# Stepping Stone Paths?



## KaydeeKrunk (Feb 13, 2016)

So I am looking for different kinds of stepping stones for my town, I want to get a few for each town that kind of match but are varied enough that they don't seem too repetitive (if that even makes sense) One of my towns in going to be a spring town so I'd like it to have the green spring grass and the other town is a fall town so I need ones with fall colors, and I would also like some with dirt behind them because there might be random dirt patches.
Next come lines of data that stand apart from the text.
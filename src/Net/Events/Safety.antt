-- ===== src/Net/Events/Safety.antt =====
-- Every handler of a connection: its assertions, its exceptions and its references.
use hyperion_server.Common.{ℕ, suc, ◌+◌, ◌≤◌, ◌≡◌, ◌≢◌, refl, true, false, none, some, List, arith}
use hyperion_server.Common.Exec.{Error, Outcome, returned, thrown, aborted}
use hyperion_server.Common.Exec.Triple.{Ends}
use hyperion_server.Media.Save.{Answers}
use hyperion_server.Net.Connection.{Local}
use hyperion_server.Net.Acceptor.{Acceptor}
use hyperion_server.Net.Events.{
  Event, written, read, received, send_waited, receive_waited, is_pending,
}
use hyperion_server.Net.Events.Running.{Holds, Any, Pathed}
use hyperion_server.Net.Events.Operations.{On}
use hyperion_server.Net.Events.Valid.{IsValid, slack, Holds-IsValid}
use hyperion_server.Net.Events.Handlers.{leaks, after_leak, Escapes, deliver, delivered}

module _ (answers : Answers) (own k : ℕ) where
  ends_IsValid :
      (e : Event) (r : Outcome (Unit {0})) (l : Local)
      → Ends (λ _. On (Holds answers own (after_leak e k) false Any)) (Escapes answers own k e) r l
      → (r ≢ aborted) × IsValid l.conn
  ends_IsValid e (returned u) l h =
      (λ q. cc, Holds-IsValid answers own (after_leak e k) Any l.conn h)
  ends_IsValid (received none bytes) (thrown x) l h =
      (λ q. cc, Holds-IsValid answers own (suc k) Pathed l.conn h.0)
  ends_IsValid (received (some error) bytes) (thrown x) l h = absurd h
  ends_IsValid (written error) (thrown x) l h = absurd h
  ends_IsValid (read error bytes) (thrown x) l h = absurd h
  ends_IsValid (send_waited error) (thrown x) l h = absurd h
  ends_IsValid (receive_waited error) (thrown x) l h = absurd h
  ends_IsValid e aborted l h = absurd h

  ends_thrown :
      (e : Event) (r : Outcome (Unit {0})) (l : Local) (x : Error)
      → Ends (λ _. On (Holds answers own (after_leak e k) false Any)) (Escapes answers own k e) r l
      → r ≡ thrown x
      → (answers.prepare_throws ≡ true) × ((bytes : List ℕ) × (e ≡ received none bytes))
  ends_thrown e (returned u) l x h q = cc
  ends_thrown (received none bytes) (thrown y) l x h q = (h.1, (bytes, refl))
  ends_thrown (received (some error) bytes) (thrown y) l x h q = absurd h
  ends_thrown (written error) (thrown y) l x h q = absurd h
  ends_thrown (read error bytes) (thrown y) l x h q = absurd h
  ends_thrown (send_waited error) (thrown y) l x h q = absurd h
  ends_thrown (receive_waited error) (thrown y) l x h q = absurd h
  ends_thrown e aborted l x h q = absurd h

  after_leak_lem : (e : Event) → after_leak e k ≡ k + leaks e
  after_leak_lem (written (some error)) = omega arith
  after_leak_lem (written none) = omega arith
  after_leak_lem (read error bytes) = omega arith
  after_leak_lem (received error bytes) = omega arith
  after_leak_lem (send_waited error) = omega arith
  after_leak_lem (receive_waited error) = omega arith

  ends_kept :
      (e : Event) (r : Outcome (Unit {0})) (l : Local)
      → Ends (λ _. On (Holds answers own (after_leak e k) false Any)) (Escapes answers own k e) r l
      → (l.id ≡ own) × (k + leaks e ≤ slack l.conn)
  ends_kept e (returned u) l h = (h.own_id, omega (arith, h.counted, after_leak_lem e))
  ends_kept (received none bytes) (thrown x) l h = (h.0.own_id, omega (arith, h.0.counted))
  ends_kept (received (some error) bytes) (thrown x) l h = absurd h
  ends_kept (written error) (thrown x) l h = absurd h
  ends_kept (read error bytes) (thrown x) l h = absurd h
  ends_kept (send_waited error) (thrown x) l h = absurd h
  ends_kept (receive_waited error) (thrown x) l h = absurd h
  ends_kept e aborted l h = absurd h

  ends_slack :
      (e : Event) (r : Outcome (Unit {0})) (l : Local)
      → answers.prepare_throws ≡ false
      → Ends (λ _. On (Holds answers own (after_leak e k) false Any)) (Escapes answers own k e) r l
      → slack l.conn ≡ k + leaks e
  ends_slack e (returned u) l f h = omega (arith, h.counted, h.exact f, after_leak_lem e)
  ends_slack e (thrown x) l f h = let t = ends_thrown e (thrown x) l x h refl in cc (t.0, f)
  ends_slack e aborted l f h = absurd h

module _ (acceptor : Acceptor) (answers : Answers) (e : Event) (l : Local) where
  -- Whatever pending operation completes on a valid connection, and whatever the environment
  -- answers, no assertion of the handler fails, no byte outside a buffer is read, and the
  -- connection is valid again.
  pub deliver-IsValid :
      IsValid l.conn
      → is_pending e l.conn ≡ true
      → ((deliver acceptor answers e l).0 ≢ aborted) × IsValid (deliver acceptor answers e l).1.conn
  deliver-IsValid v p =
      ends_IsValid answers l.id (slack l.conn) e _ _ (delivered acceptor answers e l v p)

  -- On a valid connection, for an operation that is pending, an exception leaves the handler only
  -- where `prepare` throws after bytes have been received without an error.
  pub deliver_thrown :
      (x : Error)
      → IsValid l.conn
      → is_pending e l.conn ≡ true
      → (deliver acceptor answers e l).0 ≡ thrown x
      → (answers.prepare_throws ≡ true) × ((bytes : List ℕ) × (e ≡ received none bytes))
  deliver_thrown x v p q =
      ends_thrown answers l.id (slack l.conn) e _ _ x (delivered acceptor answers e l v p) q

  -- On a valid connection, for an operation that is pending, and unless `prepare` throws, the
  -- handler gives back exactly the references that it took, but for one: the reference of a write
  -- that failed is kept.
  pub slack-deliver :
      IsValid l.conn
      → is_pending e l.conn ≡ true
      → answers.prepare_throws ≡ false
      → slack (deliver acceptor answers e l).1.conn ≡ slack l.conn + leaks e
  slack-deliver v p f =
      ends_slack answers l.id (slack l.conn) e _ _ f (delivered acceptor answers e l v p)

  -- On a valid connection, for an operation that is pending, the handler does not change the
  -- identifier, gives back no reference that it did not take, and keeps that of a write that
  -- failed.
  pub deliver_kept :
      IsValid l.conn
      → is_pending e l.conn ≡ true
      → ((deliver acceptor answers e l).1.id ≡ l.id)
        × (slack l.conn + leaks e ≤ slack (deliver acceptor answers e l).1.conn)
  deliver_kept v p =
      ends_kept answers l.id (slack l.conn) e _ _ (delivered acceptor answers e l v p)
Does anybody know any good QR's or links to places with good stepping stones that blend well?


----------



## cosmylk (Feb 13, 2016)

you might have more luck posting this request > here < sorry I can't be of more help ; v;


----------



## lunachii (Feb 13, 2016)

I use these in my town ^v^ http://bidoofcrossing.tumblr.com/post/90533267223/floatingpresents-updated-stepping-stone-qr

they don't fit really nicely with the snow though D:


----------



## romancement (Feb 13, 2016)

HAHA get ready for ALL THE THINGS because all I've done yesterday was obsessively look at stepping stones

1.) What Lunachii posted, these are classic and fabulous, look great with clover, not so good with snow
2.) http://acnlpaths.tumblr.com/post/65934465730/lilycovecrossing-steppin-stones -- have not tried these bad boys yet, LOVE the all season wear you can get out of them
3.) https://s-media-cache-ak0.pinimg.com/564x/f4/40/da/f440daf085ac5d6ce5acfc94265b8ffe.jpg -- these are cute if you want a more warm coloured stone
4.) https://s-media-cache-ak0.pinimg.com/564x/ba/a0/8c/baa08ca4b80471e1b6930022263ba307.jpg -- these cutie patooties by Mayor Meadow have flowers <3 
5.) http://acliriell.tumblr.com/post/89929427118/my-first-path-i-wont-use-it-because-it-doesnt -- the Morioh Bloom tile series is super cute and efficient, they work nicely as stepping tiles, but also in a large space! 

There's a ton out there but those are my personal favs. Have fun playing around!


----------